REQUIRED WORK » Your job is to set down the stretch of entries that opens with the line containing "(some function) named" and closes with the line containing "read_quoted-quote c (d ∷ s) h = rw h". Keep both end lines, copy each exactly, and add nothing.

---- RECORDS FOR THE EXERCISE

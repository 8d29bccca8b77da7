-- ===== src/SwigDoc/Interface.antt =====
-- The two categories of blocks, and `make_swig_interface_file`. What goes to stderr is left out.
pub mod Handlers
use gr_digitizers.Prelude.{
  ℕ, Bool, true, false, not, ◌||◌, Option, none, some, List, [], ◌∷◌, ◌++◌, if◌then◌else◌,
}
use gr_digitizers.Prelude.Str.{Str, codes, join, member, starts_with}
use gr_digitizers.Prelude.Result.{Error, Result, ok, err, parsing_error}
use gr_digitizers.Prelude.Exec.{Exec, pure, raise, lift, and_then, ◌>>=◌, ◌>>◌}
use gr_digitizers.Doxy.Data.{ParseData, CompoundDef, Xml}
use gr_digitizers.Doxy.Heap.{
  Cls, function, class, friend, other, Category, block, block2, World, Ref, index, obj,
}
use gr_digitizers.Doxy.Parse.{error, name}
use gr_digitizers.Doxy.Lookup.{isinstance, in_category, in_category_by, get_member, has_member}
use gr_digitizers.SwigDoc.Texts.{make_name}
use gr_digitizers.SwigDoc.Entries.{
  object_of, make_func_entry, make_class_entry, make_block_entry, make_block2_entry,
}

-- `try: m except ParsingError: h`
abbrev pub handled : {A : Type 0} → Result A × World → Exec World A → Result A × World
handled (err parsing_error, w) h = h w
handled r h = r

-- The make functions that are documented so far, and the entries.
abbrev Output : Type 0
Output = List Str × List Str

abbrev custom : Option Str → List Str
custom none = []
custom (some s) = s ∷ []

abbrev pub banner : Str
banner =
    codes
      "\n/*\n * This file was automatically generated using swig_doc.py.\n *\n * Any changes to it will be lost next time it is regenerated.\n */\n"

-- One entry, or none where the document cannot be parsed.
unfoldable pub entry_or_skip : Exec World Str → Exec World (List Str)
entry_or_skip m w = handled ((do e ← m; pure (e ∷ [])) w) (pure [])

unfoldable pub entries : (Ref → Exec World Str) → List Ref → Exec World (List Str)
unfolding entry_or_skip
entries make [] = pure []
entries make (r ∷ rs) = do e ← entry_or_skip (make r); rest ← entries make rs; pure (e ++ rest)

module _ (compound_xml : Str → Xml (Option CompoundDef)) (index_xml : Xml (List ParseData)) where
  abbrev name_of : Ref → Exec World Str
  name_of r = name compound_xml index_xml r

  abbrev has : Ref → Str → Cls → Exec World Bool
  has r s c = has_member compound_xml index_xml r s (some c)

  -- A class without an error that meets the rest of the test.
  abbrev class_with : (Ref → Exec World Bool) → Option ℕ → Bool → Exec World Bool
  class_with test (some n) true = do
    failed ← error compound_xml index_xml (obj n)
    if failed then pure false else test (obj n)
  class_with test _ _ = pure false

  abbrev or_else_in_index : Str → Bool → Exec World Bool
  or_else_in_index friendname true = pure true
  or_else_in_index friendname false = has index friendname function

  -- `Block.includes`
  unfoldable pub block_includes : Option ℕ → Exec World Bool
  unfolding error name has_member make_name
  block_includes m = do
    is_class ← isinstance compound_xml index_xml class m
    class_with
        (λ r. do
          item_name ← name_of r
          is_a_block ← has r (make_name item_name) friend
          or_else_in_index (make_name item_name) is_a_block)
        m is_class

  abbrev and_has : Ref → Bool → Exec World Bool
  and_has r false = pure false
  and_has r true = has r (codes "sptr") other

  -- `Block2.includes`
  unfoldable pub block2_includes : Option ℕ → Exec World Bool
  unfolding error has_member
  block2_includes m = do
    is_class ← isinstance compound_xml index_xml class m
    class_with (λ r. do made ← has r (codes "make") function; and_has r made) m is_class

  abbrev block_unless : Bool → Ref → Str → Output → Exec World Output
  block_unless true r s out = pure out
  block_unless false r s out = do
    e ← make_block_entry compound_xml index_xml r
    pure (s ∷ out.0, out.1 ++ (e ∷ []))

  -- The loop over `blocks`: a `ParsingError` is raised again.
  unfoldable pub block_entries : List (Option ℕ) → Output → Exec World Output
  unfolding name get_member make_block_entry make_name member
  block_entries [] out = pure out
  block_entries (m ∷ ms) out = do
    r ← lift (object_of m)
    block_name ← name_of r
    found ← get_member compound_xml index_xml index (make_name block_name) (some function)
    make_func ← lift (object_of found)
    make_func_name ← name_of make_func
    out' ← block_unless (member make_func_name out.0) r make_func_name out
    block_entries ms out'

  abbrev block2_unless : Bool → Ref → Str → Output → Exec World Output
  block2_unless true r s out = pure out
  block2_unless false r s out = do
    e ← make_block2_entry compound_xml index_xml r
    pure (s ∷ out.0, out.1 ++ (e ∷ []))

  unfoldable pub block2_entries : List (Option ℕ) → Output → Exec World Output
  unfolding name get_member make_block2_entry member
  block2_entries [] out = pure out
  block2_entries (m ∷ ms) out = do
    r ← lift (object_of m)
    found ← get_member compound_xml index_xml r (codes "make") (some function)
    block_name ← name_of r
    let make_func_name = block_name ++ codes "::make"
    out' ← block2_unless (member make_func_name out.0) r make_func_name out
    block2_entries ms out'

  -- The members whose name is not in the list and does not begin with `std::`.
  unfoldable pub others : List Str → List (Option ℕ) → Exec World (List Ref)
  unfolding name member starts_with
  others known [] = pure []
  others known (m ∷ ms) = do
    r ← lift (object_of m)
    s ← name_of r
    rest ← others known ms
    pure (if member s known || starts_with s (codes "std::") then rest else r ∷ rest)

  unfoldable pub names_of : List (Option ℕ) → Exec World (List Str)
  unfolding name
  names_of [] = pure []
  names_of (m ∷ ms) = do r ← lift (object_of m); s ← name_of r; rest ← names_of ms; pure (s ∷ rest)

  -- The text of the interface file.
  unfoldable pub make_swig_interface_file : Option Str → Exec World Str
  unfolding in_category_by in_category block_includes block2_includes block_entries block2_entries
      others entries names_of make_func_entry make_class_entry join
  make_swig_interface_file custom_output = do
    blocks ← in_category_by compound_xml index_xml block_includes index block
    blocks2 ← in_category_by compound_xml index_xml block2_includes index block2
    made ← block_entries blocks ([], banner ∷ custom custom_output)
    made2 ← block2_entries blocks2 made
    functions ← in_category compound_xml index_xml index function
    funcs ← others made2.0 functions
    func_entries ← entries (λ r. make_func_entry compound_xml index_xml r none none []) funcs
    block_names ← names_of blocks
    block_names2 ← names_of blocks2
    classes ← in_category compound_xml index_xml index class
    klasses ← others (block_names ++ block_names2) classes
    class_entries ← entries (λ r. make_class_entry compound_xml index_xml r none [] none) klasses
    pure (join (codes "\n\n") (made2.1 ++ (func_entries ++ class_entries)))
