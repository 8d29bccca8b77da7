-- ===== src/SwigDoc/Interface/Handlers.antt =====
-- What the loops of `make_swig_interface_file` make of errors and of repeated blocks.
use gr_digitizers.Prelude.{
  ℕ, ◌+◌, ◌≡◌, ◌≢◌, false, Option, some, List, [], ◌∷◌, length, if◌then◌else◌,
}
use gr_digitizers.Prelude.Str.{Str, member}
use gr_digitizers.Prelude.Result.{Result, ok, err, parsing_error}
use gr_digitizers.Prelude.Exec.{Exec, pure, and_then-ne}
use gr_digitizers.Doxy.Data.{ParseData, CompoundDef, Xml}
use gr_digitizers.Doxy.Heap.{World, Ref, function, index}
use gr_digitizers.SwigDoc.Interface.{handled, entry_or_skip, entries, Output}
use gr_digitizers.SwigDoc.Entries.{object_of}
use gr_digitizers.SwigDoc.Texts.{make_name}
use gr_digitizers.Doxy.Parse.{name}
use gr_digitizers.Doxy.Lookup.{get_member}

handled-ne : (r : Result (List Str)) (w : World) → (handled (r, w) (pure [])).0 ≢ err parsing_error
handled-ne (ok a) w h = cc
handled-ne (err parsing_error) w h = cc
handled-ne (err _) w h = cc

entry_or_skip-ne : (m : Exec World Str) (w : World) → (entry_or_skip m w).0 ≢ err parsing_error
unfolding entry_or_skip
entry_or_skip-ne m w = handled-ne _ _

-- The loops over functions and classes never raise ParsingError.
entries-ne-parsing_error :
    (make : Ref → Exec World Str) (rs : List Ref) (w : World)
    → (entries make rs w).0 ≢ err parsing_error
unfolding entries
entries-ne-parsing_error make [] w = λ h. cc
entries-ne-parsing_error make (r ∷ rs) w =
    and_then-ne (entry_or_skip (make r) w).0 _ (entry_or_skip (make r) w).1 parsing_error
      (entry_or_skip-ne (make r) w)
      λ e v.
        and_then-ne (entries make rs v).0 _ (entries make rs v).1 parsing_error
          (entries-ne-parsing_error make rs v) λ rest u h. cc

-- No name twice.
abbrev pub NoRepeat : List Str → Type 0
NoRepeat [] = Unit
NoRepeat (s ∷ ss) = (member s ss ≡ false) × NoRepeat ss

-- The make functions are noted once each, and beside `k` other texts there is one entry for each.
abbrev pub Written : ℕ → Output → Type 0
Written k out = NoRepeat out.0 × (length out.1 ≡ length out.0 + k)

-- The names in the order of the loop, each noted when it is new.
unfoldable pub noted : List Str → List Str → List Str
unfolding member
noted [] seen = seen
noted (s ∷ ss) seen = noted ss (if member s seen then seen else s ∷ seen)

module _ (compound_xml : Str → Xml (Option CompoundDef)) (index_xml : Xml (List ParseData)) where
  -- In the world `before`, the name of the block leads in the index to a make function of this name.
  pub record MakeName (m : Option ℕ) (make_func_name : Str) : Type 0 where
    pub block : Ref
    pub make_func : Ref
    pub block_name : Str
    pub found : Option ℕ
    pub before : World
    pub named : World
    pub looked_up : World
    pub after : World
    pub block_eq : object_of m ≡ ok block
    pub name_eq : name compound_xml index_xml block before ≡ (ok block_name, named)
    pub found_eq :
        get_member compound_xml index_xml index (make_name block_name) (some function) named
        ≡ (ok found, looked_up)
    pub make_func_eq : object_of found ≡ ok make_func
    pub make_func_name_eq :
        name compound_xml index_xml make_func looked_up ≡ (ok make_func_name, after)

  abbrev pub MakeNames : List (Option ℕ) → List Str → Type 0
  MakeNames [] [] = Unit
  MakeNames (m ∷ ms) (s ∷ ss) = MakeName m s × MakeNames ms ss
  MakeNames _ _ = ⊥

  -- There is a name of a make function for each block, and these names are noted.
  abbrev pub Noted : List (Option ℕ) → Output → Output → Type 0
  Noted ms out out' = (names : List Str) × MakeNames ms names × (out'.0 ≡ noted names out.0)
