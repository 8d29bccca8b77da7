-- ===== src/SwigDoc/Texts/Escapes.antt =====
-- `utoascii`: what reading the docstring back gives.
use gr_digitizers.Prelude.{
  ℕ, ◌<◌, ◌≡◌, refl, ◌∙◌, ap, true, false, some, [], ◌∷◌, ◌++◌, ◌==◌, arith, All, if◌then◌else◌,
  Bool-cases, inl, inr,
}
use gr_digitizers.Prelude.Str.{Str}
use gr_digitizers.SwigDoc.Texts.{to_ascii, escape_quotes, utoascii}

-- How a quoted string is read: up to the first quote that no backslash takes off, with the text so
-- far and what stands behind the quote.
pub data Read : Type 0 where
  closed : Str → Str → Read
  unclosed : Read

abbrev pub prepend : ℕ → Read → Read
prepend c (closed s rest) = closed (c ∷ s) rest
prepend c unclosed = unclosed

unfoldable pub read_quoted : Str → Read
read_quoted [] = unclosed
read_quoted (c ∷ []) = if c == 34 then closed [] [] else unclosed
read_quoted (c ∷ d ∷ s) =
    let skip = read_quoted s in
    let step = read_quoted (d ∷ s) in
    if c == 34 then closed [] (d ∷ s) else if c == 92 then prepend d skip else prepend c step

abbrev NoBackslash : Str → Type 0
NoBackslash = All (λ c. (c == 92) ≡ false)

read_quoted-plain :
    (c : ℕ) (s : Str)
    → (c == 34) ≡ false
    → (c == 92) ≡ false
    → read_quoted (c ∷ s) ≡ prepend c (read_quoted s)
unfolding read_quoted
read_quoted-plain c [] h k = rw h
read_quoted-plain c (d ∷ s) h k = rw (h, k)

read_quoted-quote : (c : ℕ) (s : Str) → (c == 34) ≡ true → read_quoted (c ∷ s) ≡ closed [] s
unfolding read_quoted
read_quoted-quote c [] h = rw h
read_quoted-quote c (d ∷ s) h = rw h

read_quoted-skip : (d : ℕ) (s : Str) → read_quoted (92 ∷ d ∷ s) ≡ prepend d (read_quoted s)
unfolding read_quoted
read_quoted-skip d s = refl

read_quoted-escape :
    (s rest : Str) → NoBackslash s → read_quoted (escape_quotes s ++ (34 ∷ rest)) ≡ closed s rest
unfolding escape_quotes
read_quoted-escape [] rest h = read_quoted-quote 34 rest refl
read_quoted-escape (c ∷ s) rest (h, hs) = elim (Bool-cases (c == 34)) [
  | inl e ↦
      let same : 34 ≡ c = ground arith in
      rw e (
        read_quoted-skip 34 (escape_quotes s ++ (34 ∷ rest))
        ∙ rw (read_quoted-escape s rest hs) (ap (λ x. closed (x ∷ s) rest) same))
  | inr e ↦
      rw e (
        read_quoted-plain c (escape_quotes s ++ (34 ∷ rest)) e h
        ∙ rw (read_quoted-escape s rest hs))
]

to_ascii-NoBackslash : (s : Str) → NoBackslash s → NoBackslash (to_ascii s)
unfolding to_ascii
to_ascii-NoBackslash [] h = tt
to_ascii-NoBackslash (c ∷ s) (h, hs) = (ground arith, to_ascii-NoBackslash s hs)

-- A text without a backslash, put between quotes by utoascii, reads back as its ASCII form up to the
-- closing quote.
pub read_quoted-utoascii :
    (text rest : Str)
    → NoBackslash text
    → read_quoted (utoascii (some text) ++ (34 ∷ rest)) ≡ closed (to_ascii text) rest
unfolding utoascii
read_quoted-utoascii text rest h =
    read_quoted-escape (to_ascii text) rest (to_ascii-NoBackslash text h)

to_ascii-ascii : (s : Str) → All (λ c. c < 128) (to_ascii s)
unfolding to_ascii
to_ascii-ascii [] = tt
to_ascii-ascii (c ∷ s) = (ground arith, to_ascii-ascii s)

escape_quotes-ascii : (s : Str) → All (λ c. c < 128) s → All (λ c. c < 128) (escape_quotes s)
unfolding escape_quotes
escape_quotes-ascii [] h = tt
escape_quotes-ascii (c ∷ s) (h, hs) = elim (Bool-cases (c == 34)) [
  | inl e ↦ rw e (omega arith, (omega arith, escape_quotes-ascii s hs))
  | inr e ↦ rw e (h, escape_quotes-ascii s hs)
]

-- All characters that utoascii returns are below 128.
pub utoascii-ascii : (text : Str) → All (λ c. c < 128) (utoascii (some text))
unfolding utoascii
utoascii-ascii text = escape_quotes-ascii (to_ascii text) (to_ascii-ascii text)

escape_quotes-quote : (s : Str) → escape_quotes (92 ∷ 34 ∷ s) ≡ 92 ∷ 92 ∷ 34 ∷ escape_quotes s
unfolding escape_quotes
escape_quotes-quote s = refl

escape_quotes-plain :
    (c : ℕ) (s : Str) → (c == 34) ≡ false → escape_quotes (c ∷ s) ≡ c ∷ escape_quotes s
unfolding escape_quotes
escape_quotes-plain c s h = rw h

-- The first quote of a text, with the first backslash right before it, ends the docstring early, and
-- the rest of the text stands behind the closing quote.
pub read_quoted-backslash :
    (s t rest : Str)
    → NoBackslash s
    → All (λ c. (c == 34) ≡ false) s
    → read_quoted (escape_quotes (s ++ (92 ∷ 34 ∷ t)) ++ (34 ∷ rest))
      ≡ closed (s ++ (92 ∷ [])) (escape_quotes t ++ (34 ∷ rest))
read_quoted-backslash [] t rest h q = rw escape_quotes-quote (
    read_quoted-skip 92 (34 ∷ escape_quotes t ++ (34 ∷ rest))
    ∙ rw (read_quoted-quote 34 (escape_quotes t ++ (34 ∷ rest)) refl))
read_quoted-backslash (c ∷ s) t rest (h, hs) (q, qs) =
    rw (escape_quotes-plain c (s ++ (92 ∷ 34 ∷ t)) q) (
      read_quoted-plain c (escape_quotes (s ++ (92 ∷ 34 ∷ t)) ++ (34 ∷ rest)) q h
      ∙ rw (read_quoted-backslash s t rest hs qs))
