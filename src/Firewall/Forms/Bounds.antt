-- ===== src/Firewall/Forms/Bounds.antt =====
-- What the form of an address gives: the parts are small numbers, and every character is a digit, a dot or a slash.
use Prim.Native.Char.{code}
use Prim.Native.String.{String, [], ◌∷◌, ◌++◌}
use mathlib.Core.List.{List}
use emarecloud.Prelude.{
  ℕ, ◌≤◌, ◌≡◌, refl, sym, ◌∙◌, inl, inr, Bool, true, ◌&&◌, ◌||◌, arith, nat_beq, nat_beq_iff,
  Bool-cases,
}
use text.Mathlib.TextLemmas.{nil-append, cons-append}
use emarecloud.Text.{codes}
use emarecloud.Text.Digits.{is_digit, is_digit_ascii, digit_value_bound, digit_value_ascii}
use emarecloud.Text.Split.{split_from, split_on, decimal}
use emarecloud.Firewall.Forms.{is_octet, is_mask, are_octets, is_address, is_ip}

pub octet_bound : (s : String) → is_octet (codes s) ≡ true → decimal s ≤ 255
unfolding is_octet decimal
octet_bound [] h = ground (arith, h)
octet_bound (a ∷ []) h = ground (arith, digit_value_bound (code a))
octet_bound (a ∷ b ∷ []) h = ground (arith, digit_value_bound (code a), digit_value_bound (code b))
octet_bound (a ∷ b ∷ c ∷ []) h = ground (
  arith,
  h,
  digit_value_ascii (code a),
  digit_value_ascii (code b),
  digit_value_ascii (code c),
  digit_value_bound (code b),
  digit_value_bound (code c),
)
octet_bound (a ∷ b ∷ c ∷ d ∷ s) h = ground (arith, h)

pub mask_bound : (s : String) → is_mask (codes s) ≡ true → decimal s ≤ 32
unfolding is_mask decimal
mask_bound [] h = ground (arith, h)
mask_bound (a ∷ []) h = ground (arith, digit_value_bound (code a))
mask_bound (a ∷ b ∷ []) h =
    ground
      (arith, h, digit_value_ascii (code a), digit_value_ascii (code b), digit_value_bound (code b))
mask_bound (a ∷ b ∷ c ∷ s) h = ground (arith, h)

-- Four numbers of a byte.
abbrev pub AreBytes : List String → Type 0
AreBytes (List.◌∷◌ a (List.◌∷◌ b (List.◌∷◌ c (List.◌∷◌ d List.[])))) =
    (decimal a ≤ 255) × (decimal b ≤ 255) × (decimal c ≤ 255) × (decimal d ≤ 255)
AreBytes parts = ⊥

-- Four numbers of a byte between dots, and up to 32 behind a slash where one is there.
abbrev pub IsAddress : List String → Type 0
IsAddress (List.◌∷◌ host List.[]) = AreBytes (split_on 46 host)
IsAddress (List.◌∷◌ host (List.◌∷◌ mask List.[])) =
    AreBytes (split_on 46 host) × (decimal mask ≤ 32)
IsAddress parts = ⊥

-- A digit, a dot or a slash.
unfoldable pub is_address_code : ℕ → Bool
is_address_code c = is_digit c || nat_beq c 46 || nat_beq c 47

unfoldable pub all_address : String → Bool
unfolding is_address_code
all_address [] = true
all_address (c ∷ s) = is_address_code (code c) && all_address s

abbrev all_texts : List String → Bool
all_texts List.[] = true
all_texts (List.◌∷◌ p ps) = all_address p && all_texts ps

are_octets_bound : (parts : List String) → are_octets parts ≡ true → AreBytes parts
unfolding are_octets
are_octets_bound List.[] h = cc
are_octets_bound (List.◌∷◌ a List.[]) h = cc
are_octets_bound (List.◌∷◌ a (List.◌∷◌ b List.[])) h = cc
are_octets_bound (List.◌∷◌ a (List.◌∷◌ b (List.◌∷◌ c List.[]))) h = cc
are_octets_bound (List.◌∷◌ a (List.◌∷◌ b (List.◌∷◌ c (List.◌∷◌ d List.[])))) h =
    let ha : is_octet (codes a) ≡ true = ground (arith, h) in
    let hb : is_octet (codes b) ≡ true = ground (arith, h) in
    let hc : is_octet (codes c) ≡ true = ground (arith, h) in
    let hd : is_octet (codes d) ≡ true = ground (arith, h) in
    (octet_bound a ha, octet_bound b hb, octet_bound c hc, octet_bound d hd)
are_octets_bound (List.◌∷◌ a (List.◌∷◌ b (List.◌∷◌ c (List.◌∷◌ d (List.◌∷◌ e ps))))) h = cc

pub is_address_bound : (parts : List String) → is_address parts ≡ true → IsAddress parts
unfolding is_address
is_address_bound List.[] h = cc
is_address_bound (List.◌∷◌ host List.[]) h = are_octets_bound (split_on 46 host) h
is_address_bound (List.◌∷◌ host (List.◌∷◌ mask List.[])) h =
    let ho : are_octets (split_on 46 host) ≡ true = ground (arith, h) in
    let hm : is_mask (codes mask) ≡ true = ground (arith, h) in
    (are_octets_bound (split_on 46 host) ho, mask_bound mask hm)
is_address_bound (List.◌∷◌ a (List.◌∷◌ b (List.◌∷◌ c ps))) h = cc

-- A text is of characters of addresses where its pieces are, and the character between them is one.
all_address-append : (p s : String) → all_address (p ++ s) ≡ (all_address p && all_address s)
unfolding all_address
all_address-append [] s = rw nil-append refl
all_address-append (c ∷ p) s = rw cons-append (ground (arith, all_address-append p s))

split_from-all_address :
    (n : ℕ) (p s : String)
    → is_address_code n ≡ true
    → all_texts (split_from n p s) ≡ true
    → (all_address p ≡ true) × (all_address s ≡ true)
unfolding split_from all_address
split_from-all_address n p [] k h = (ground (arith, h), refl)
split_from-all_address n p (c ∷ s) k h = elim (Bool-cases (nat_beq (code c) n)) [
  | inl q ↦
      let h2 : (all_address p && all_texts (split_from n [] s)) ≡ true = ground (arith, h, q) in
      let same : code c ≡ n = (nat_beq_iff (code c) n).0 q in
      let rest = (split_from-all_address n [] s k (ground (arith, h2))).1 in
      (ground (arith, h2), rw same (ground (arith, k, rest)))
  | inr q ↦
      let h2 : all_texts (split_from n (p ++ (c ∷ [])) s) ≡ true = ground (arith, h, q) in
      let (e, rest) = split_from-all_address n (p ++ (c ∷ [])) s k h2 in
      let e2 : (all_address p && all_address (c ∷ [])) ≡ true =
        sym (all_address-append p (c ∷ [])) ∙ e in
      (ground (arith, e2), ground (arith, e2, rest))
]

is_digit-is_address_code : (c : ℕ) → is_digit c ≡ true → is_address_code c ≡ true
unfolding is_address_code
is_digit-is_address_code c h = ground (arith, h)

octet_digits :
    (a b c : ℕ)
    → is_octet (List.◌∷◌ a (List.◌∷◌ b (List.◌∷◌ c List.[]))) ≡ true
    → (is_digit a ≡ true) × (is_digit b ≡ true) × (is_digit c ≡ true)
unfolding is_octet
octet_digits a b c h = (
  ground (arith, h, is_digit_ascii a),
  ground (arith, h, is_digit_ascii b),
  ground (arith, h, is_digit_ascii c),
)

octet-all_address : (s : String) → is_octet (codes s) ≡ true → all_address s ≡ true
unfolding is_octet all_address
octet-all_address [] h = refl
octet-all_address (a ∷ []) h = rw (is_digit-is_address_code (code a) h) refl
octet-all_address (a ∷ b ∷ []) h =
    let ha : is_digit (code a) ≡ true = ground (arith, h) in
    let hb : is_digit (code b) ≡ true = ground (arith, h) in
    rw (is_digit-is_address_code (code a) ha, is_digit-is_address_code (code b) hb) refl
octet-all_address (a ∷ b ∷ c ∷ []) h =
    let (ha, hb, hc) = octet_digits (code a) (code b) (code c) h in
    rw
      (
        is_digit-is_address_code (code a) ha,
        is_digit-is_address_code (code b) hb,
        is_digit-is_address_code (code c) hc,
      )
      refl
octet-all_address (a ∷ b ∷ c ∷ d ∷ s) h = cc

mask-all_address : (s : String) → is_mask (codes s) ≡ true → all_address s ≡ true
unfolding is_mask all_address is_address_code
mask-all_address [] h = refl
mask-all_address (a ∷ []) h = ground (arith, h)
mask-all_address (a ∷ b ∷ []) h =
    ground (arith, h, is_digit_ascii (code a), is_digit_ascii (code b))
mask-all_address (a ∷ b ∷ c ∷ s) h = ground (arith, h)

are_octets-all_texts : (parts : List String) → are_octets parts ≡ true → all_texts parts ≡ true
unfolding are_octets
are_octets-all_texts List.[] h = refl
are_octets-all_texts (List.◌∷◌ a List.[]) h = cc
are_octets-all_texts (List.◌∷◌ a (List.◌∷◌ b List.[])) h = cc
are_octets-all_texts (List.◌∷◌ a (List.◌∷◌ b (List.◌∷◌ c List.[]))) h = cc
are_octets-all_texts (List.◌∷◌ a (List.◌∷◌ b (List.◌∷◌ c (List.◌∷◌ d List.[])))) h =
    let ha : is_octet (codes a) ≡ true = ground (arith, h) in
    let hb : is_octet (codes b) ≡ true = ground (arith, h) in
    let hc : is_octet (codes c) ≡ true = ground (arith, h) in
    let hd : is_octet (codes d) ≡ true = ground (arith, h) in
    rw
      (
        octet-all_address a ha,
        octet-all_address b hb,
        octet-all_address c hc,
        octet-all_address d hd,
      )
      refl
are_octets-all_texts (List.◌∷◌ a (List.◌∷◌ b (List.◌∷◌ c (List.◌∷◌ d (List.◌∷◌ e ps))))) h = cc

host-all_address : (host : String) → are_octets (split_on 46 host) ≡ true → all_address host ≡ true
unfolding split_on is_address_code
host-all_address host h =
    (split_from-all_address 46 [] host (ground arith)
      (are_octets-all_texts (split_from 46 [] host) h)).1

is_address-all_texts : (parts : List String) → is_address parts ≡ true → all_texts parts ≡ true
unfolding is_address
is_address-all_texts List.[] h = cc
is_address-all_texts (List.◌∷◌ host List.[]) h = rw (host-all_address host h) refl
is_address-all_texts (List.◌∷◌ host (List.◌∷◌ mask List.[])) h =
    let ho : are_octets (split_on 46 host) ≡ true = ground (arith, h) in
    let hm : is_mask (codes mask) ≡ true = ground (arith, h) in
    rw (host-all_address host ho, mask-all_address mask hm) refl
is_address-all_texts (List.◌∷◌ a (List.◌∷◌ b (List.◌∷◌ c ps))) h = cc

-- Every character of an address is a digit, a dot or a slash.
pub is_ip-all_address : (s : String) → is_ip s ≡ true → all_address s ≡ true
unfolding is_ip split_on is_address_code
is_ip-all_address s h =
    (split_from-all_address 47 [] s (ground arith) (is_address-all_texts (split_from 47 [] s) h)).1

--------

RESULT »
        get_member compound_xml index_xml index (make_name block_name) (some function) named
        ≡ (ok found, looked_up)
    pub make_func_eq : object_of found ≡ ok make_func
    pub make_func_name_eq :
        name compound_xml index_xml make_func looked_up ≡ (ok make_func_name, after)

  abbrev pub MakeNames : List (Option ℕ) → List Str → Type 0
  MakeNames [] [] = Unit
  MakeNames (m ∷ ms) (s ∷ ss) = MakeName m s × MakeNames ms ss
  MakeNames _ _ = ⊥

  -- There is a name of a make function for each block, and these names are noted.
  abbrev pub Noted : List (Option ℕ) → Output → Output → Type 0
  Noted ms out out' = (names : List Str) × MakeNames ms names × (out'.0 ≡ noted names out.0)
repository 8d29bccca8b77da7
-- ===== src/SwigDoc/Texts/Escapes.antt =====
-- `utoascii`: what reading the docstring back gives.
use gr_digitizers.Prelude.{
  ℕ, ◌<◌, ◌≡◌, refl, ◌∙◌, ap, true, false, some, [], ◌∷◌, ◌++◌, ◌==◌, arith, All, if◌then◌else◌,
  Bool-cases, inl, inr,
}
use gr_digitizers.Prelude.Str.{Str}
use gr_digitizers.SwigDoc.Texts.{to_ascii, escape_quotes, utoascii}

-- How a quoted string is read: up to the first quote that no backslash takes off, with the text so
-- far and what stands behind the quote.
pub data Read : Type 0 where
  closed : Str → Str → Read
  unclosed : Read

abbrev pub prepend : ℕ → Read → Read
prepend c (closed s rest) = closed (c ∷ s) rest
prepend c unclosed = unclosed

unfoldable pub read_quoted : Str → Read
read_quoted [] = unclosed
read_quoted (c ∷ []) = if c == 34 then closed [] [] else unclosed
read_quoted (c ∷ d ∷ s) =
    let skip = read_quoted s in
    let step = read_quoted (d ∷ s) in
    if c == 34 then closed [] (d ∷ s) else if c == 92 then prepend d skip else prepend c step

abbrev NoBackslash : Str → Type 0
NoBackslash = All (λ c. (c == 92) ≡ false)

read_quoted-plain :
    (c : ℕ) (s : Str)
    → (c == 34) ≡ false
    → (c == 92) ≡ false
    → read_quoted (c ∷ s) ≡ prepend c (read_quoted s)
unfolding read_quoted
read_quoted-plain c [] h k = rw h
read_quoted-plain c (d ∷ s) h k = rw (h, k)

read_quoted-quote : (c : ℕ) (s : Str) → (c == 34) ≡ true → read_quoted (c ∷ s) ≡ closed [] s
unfolding read_quoted
read_quoted-quote c [] h = rw h
read_quoted-quote c (d ∷ s) h = rw h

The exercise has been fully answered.